Work instructions: Check each line below for "versions" and give the count of those that have it, nothing else.

Records to use:
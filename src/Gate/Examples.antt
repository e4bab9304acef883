-- ===== src/Gate/Examples.antt =====
-- Requests at the gate.
use grpcmcp.Base.{String, ◌≢◌, ap, List, [], ◌∷◌, arith, eq_iff, lookup}
use grpcmcp.Header.{get}
use grpcmcp.Gate.{
  Request, Handler, Body, other, rpc_error, gate, reject_browser_origin,
  reject_unsupported_protocol_version,
}
use grpcmcp.Gate.Passing.{Verdict, gate-Verdict}

abbrev versions : List String
versions = "2025-06-18" ∷ []

abbrev plain : Request
plain = record { header = []; body = "{}" }

abbrev from_browser : Request
from_browser = record { header = ("Origin", "https://x" ∷ []) ∷ []; body = "{}" }

abbrev answer : String → Handler
answer s r = record { status = 200; content_type = "application/json"; body = other s }

abbrev text_of : Body → String
text_of (other s) = s
text_of (rpc_error e) = ""

gate-Verdict_example :
    Verdict versions
      (λ s. s)
      (answer "yes")
      from_browser
      (gate versions (λ s. s) (answer "yes") from_browser)
gate-Verdict_example = gate-Verdict versions (λ s. s) (answer "yes") from_browser

reached : gate versions (λ s. s) (answer "yes") plain ≢ gate versions (λ s. s) (answer "no") plain
unfolding gate reject_browser_origin reject_unsupported_protocol_version lookup get
reached e = ground (arith, eq_iff "yes" "no", ap (λ r. text_of r.body) e)
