-- ===== src/Startup.antt =====
-- main.go: the checks that `main` makes of its flags, in their order, before it loads descriptors;
-- `loadDescriptors` and `parseServices`. The environment, strconv.ParseUint, strings.TrimSpace and
-- the backend's TLS client (`backendTLSClient`) are parameters.
pub mod Checked
pub mod Accepted
pub mod Parsing
mod Examples
use Prim.Native.Char.{code}
use Prim.Native.String
use grpcmcp.Base.{
  ℕ, String, Char, Bool, true, false, not, ◌&&◌, ◌||◌, Option, none, some, List, [], ◌∷◌, eqb, ◌==◌,
  if◌then◌else◌,
}
use grpcmcp.Base.Int.{ℤ, pos, leb_ℤ}
use grpcmcp.Base.Texts.{◌⧺◌, has_prefix}
use grpcmcp.Base.Results.{Result, ok, err, ◌>>=◌}
use grpcmcp.Header.{Header, set}
use grpcmcp.Forward.{cut_colon, check_collisions}

pub record Flags : Type 0 where
  -- nanoseconds, and negative values parse
  pub refresh_interval : ℤ
  pub host_port : String
  pub transport : String
  pub tls_crt : String
  pub tls_key : String
  pub ca_file : String
  pub forward_operator_identity : Bool
  pub forward_header_names : List String
  pub base_url : String
  pub require_method_option : String
  pub bearer_env : String
  pub descriptors : String
  pub reflect : Bool
  pub server_name : String
  pub server_version : String
  pub instructions : String
  pub services : String
  pub description_method_option : ℕ
  pub use_connect : Bool
  pub string64 : Bool

-- why the process exits
pub data FlagError : Type 0 where
  refresh_interval_not_positive tls_pair ca_file_without_tls tls_without_hostport : FlagError
  forward_without_hostport method_option_format no_source : FlagError
  bad_transport bad_backend_tls bad_field_number bad_option_value : String → FlagError
  bearer_unset collision : String → FlagError

abbrev pub is_empty : String → Bool
is_empty s = s == ""

-- `serveHTTP`
unfoldable pub serve_http : Flags → Bool
serve_http f = not (is_empty f.host_port)

abbrev pub has_names : List String → Bool
has_names [] = false
has_names (n ∷ ns) = true

abbrev require : Bool → FlagError → Result FlagError (Unit {0})
require b e = if b then ok tt else err e

-- the transport, "streamable-http" spelled "http"; without a host and port it is not looked at
unfoldable pub check_transport : Flags → Result FlagError String
unfolding serve_http
check_transport f =
    let t = if f.transport == "streamable-http" then "http" else f.transport in
    if serve_http f
    then (if t == "http" || t == "sse" then ok t else err (bad_transport t))
    else ok f.transport

-- the checks of the flags alone, which end with the transport
unfoldable pub check_flags : Flags → Result FlagError String
unfolding check_transport serve_http
check_flags f =
    require (not (leb_ℤ f.refresh_interval (pos 0))) refresh_interval_not_positive >>= λ _.
    check_transport f >>= λ t.
    require
      ((not (is_empty f.tls_crt) || is_empty f.tls_key)
        && (is_empty f.tls_crt || not (is_empty f.tls_key)))
      tls_pair
    >>= λ _. require (is_empty f.ca_file || not (is_empty f.tls_crt)) ca_file_without_tls >>= λ _.
        require (is_empty f.tls_crt || not (is_empty f.host_port)) tls_without_hostport >>= λ _.
        require
          (not (f.forward_operator_identity || has_names f.forward_header_names) || serve_http f)
          forward_without_hostport
        >>= λ _. ok t

abbrev push : Char → List String → List String
push c [] = (String.◌∷◌ c String.[]) ∷ []
push c (s ∷ ss) = (String.◌∷◌ c s) ∷ ss

-- strings.Split at commas
unfoldable pub split_commas : String → List String
split_commas String.[] = String.[] ∷ []
split_commas (String.◌∷◌ c s) =
    let rest = split_commas s in if eqb (code c) b',' then String.[] ∷ rest else push c rest

module _ (parse_uint : ℕ → String → Result String ℕ) where
  -- the loop over the values
  unfoldable pub parse_values : List String → Result FlagError (List ℕ)
  parse_values [] = ok []
  parse_values (v ∷ vs) =
      let rest = parse_values vs in
      elim (parse_uint 64 v) [
        | err e ↦ err (bad_option_value e)
        | ok n ↦ rest >>= λ ns. ok (n ∷ ns)
      ]

  abbrev pub parse_parts : String → String → Result FlagError (ℕ × List ℕ)
  parse_parts field values = elim (parse_uint 32 field) [
    | err e ↦ err (bad_field_number e)
    | ok n ↦ parse_values (split_commas values) >>= λ ns. ok (n, ns)
  ]

  -- `optFieldNum` and `optValues`: strings.SplitN at the first colon, and both parts
  unfoldable pub parse_method_option : String → Result FlagError (ℕ × List ℕ)
  unfolding parse_values
  parse_method_option s = if is_empty s then ok (0, []) else elim (cut_colon s) [
    | none ↦ err method_option_format
    | some (field, values) ↦ parse_parts field values
  ]

-- the token's header, from the environment
abbrev pub with_bearer : String → Option String → Header → Result FlagError Header
with_bearer env none headers = err (bearer_unset env)
with_bearer env (some bearer) headers =
    if is_empty bearer
    then err (bearer_unset env)
    else ok (set headers "Authorization" ("Bearer " ⧺ bearer))

unfoldable pub add_bearer : Flags → (String → Option String) → Header → Result FlagError Header
add_bearer f look_up_env headers =
    if is_empty f.bearer_env
    then ok headers
    else with_bearer f.bearer_env (look_up_env f.bearer_env) headers

abbrev pub refuse_collision : Option String → Result FlagError (Unit {0})
refuse_collision none = ok tt
refuse_collision (some name) = err (collision name)

abbrev pub backend_ok {ℓ} : {C : Type ℓ} → Result String (Option C) → Result FlagError (Option C)
backend_ok (err e) = err (bad_backend_tls e)
backend_ok (ok c) = ok c

-- the TLS client, which is dropped for a plain URL
abbrev pub usable {ℓ} : {C : Type ℓ} → String → Option C → Option C
usable url c = if has_prefix url "http://" then none else c

pub record Settings {ℓ} (C : Type ℓ) : Type ℓ where
  pub transport : String
  pub backend_tls : Option C
  pub option_field : ℕ
  pub option_values : List ℕ
  pub headers : Header

module _ (parse_uint : ℕ → String → Result String ℕ) where
  unfoldable pub configure {ℓ} :
      {C : Type ℓ}
      → Flags
      → Result String (Option C)
      → (String → Option String)
      → Header
      → Result FlagError (Settings C)
  unfolding parse_method_option add_bearer
  configure f backend look_up_env flag_headers = check_flags f >>= λ t. backend_ok backend >>= λ c.
      parse_method_option parse_uint f.require_method_option >>= λ o.
      add_bearer f look_up_env flag_headers >>= λ headers.
      refuse_collision (check_collisions headers f.forward_header_names f.forward_operator_identity)
      >>= λ _. require (not (is_empty f.descriptors) || f.reflect) no_source >>= λ _. ok (record {
        transport = t;
        backend_tls = usable f.base_url c;
        option_field = o.0;
        option_values = o.1;
        headers = headers;
      })

-- `loadDescriptors`: a file wins over reflection, whose error counts all the same
unfoldable pub load_descriptor_set {ℓ} :
    {D : Type ℓ}
    → String
    → Bool
    → Result String D
    → (String → Result String D)
    → Result String (Option D)
load_descriptor_set path reflect reflected from_file =
    let loaded = if is_empty path then ok none else (from_file path >>= λ d. ok (some d)) in
    if reflect
    then elim reflected [ err e ↦ err e | ok d ↦ if is_empty path then ok (some d) else loaded ]
    else loaded

module _ (trim_space : String → String) where
  unfoldable pub named_services : List String → List String
  named_services [] = []
  named_services (s ∷ ss) =
      let rest = named_services ss in
      let service = trim_space s in if is_empty service then rest else service ∷ rest

  unfoldable pub parse_services : String → List String
  unfolding named_services
  parse_services services = if is_empty services then [] else named_services (split_commas services)
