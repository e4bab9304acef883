-- ===== src/Tools/Server.antt =====
-- grpcmcp/server.go: `NewServer`, `LoadDescriptorsFromFile`, and how a client of the backend is chosen
-- and configured. `Tool` and `ServerOption` are those of mcp-go; which of two tools of one name stays
-- is left to `AddTools` there.
use Prim.Native.String.{String}
use grpcmcp.Base.{◌≡◌, Bool, Option, none, some, List, [], ◌∷◌, ◌++◌, if◌then◌else◌}
use grpcmcp.Base.Texts.{has_prefix}
use grpcmcp.Base.Results.{Result, ok, err, ◌>>=◌}

-- an MCP server, with the tools that it was given
pub record McpServer (Tool ServerOption : Type 0) : Type 0 where
  pub server_name : String
  pub version : String
  pub server_options : List ServerOption
  pub added_tools : List Tool

-- `built` is what `Tools` returns for the configuration
unfoldable pub new_server :
    {Tool ServerOption : Type 0}
    → String
    → String
    → List ServerOption
    → Result String (List Tool)
    → Result String (McpServer Tool ServerOption)
new_server name version options built = do
  tools ← built
  ok (record {
    server_name = name;
    version = version;
    server_options = options;
    added_tools = tools;
  })

-- A new server has the tools that were built.
pub new_server-tools :
    {Tool ServerOption : Type 0} (name version : String) (options : List ServerOption)
    (built : Result String (List Tool)) (mcp : McpServer Tool ServerOption)
    → new_server name version options built ≡ ok mcp
    → built ≡ ok mcp.added_tools
unfolding new_server
new_server-tools name version options (ok ts) mcp h = cc
new_server-tools name version options (err e) mcp h = cc

-- os.ReadFile and proto.Unmarshal are arguments
pub load_descriptors_from_file :
    {Bytes Files : Type 0}
    → (String → Result String Bytes)
    → (Bytes → Result String Files)
    → String
    → Result String Files
load_descriptors_from_file read_file unmarshal path = read_file path >>= unmarshal

-- a client that was configured, one over HTTP/2 without TLS, or the default one
pub data BackendClient (C : Type 0) : Type 0 where
  configured_client : C → BackendClient C
  insecure_client default_client : BackendClient C

pub backend_http_client : {C : Type 0} → String → Option C → BackendClient C
backend_http_client base_url (some c) = configured_client c
backend_http_client base_url none =
    if has_prefix base_url "http://" then insecure_client else default_client

pub default_http_client : {C : Type 0} → String → BackendClient C
default_http_client base_url = backend_http_client base_url none

-- connect.ClientOption
pub data ClientOption : Type 0 where
  response_initializer with_grpc : ClientOption

pub connect_options : Bool → List ClientOption
connect_options use_connect =
    (response_initializer ∷ []) ++ (if use_connect then [] else with_grpc ∷ [])
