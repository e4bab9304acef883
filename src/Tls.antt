-- ===== src/Tls.antt =====
-- tls.go: the TLS configurations of the server and of the client of the backend (`certPoolFromFile`,
-- `serverTLSConfig`, `serveTLS`, `backendTLSClient`). Reading a file and building a pool from PEM text
-- are arguments; the certificate reloader is that of Cert, on what the disk answers at the start.
pub mod Trust
mod Examples
use Prim.Native.String.{String}
use grpcmcp.Base.{
  ℕ, Bool, true, false, not, ◌&&◌, ◌||◌, Option, none, some, List, [], ◌∷◌, ◌==◌, if◌then◌else◌,
}
use grpcmcp.Base.Texts.{◌⧺◌}
use grpcmcp.Base.Results.{Result, ok, err, ◌>>=◌}
use grpcmcp.Cert.{Disk, Reloader, new_cert_reloader}

-- tls.ClientAuthType
pub data ClientAuth : Type 0 where
  no_client_cert require_and_verify_client_cert : ClientAuth

-- The fields of tls.Config that the program sets, `Pool` being x509.CertPool: `none` is a nil pool or
-- a function that is not set.
pub record Config (Pool : Type 0) : Type 0 where
  pub root_cas : Option Pool
  pub client_cas : Option Pool
  pub client_auth : ClientAuth
  pub get_certificate : Option Reloader
  pub get_client_certificate : Option Reloader

abbrev pub empty_config : {Pool : Type 0} → Config Pool
empty_config = record {
  root_cas = none;
  client_cas = none;
  client_auth = no_client_cert;
  get_certificate = none;
  get_client_certificate = none;
}

-- http.Server, and a client with a clone of the default transport but for these fields
pub record HttpServer (Pool Handler : Type 0) : Type 0 where
  pub addr : String
  pub handler : Handler
  pub tls_config : Config Pool

pub record HttpClient (Pool : Type 0) : Type 0 where
  pub tls_client_config : Config Pool
  pub force_attempt_http2 : Bool

module _ {Pems Pool : Type 0} (read_file : String → Result String Pems)
    (append_certs : Pems → Option Pool) where
  abbrev pool_of : String → Result String Pems → Result String Pool
  pool_of path (err e) = err ("read CA file \"" ⧺ path ⧺ "\": " ⧺ e)
  pool_of path (ok pems) = elim (append_certs pems) [
    | none ↦ err ("no certificates found in CA file \"" ⧺ path ⧺ "\"")
    | some pool ↦ ok pool
  ]

  -- `%q` of a path without characters to escape
  unfoldable pub cert_pool_from_file : String → Result String Pool
  cert_pool_from_file path = pool_of path (read_file path)

  unfoldable pub server_tls_config : String → Result String (Config Pool)
  unfolding cert_pool_from_file
  server_tls_config ca_file = if ca_file == "" then ok empty_config else (do
    pool ← cert_pool_from_file ca_file
    ok (record empty_config {
      client_cas = some pool;
      client_auth = require_and_verify_client_cert;
    }))

  unfoldable pub with_roots : String → Config Pool → Result String (Config Pool)
  unfolding cert_pool_from_file
  with_roots ca_file cfg =
      if ca_file == ""
      then ok cfg
      else (do pool ← cert_pool_from_file ca_file; ok (record cfg { root_cas = some pool }))

module _ {Pool : Type 0} (format : ℕ → String) (disk : Disk) where
  unfoldable pub with_client_certificate :
      String → String → Config Pool → Result String (Config Pool)
  with_client_certificate cert_file key_file cfg =
      if cert_file == "" && key_file == ""
      then ok cfg
      else if cert_file == "" || key_file == ""
      then err "backend client certificate needs both -client-tls-crt and -client-tls-key"
      else (do
        (reloader, log) ← new_cert_reloader format cert_file key_file disk
        ok (record cfg { get_client_certificate = some reloader }))

module _ {Pems Pool : Type 0} (read_file : String → Result String Pems)
    (append_certs : Pems → Option Pool) (format : ℕ → String) (disk : Disk) where
  -- The server that listens with `ListenAndServeTLS("", "")`, or the error before it does.
  unfoldable pub serve_tls :
      {Handler : Type 0}
      → Handler
      → String
      → String
      → String
      → String
      → Result String (HttpServer Pool Handler)
  unfolding server_tls_config
  serve_tls handler addr ca_file cert_file key_file = do
    cfg ← server_tls_config read_file append_certs ca_file
    (reloader, log) ← new_cert_reloader format cert_file key_file disk
    ok (record {
      addr = addr;
      handler = handler;
      tls_config = record cfg { get_certificate = some reloader };
    })

  -- `none` is the nil client, for which the caller keeps its default
  unfoldable pub backend_tls_client :
      String → String → String → Result String (Option (HttpClient Pool))
  unfolding with_roots with_client_certificate
  backend_tls_client ca_file cert_file key_file =
      if ca_file == "" && cert_file == "" && key_file == "" then ok none else (do
        cfg ← with_roots read_file append_certs ca_file empty_config
        full ← with_client_certificate format disk cert_file key_file cfg
        ok (some (record { tls_client_config = full; force_attempt_http2 = true })))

Reply to the exercise: 6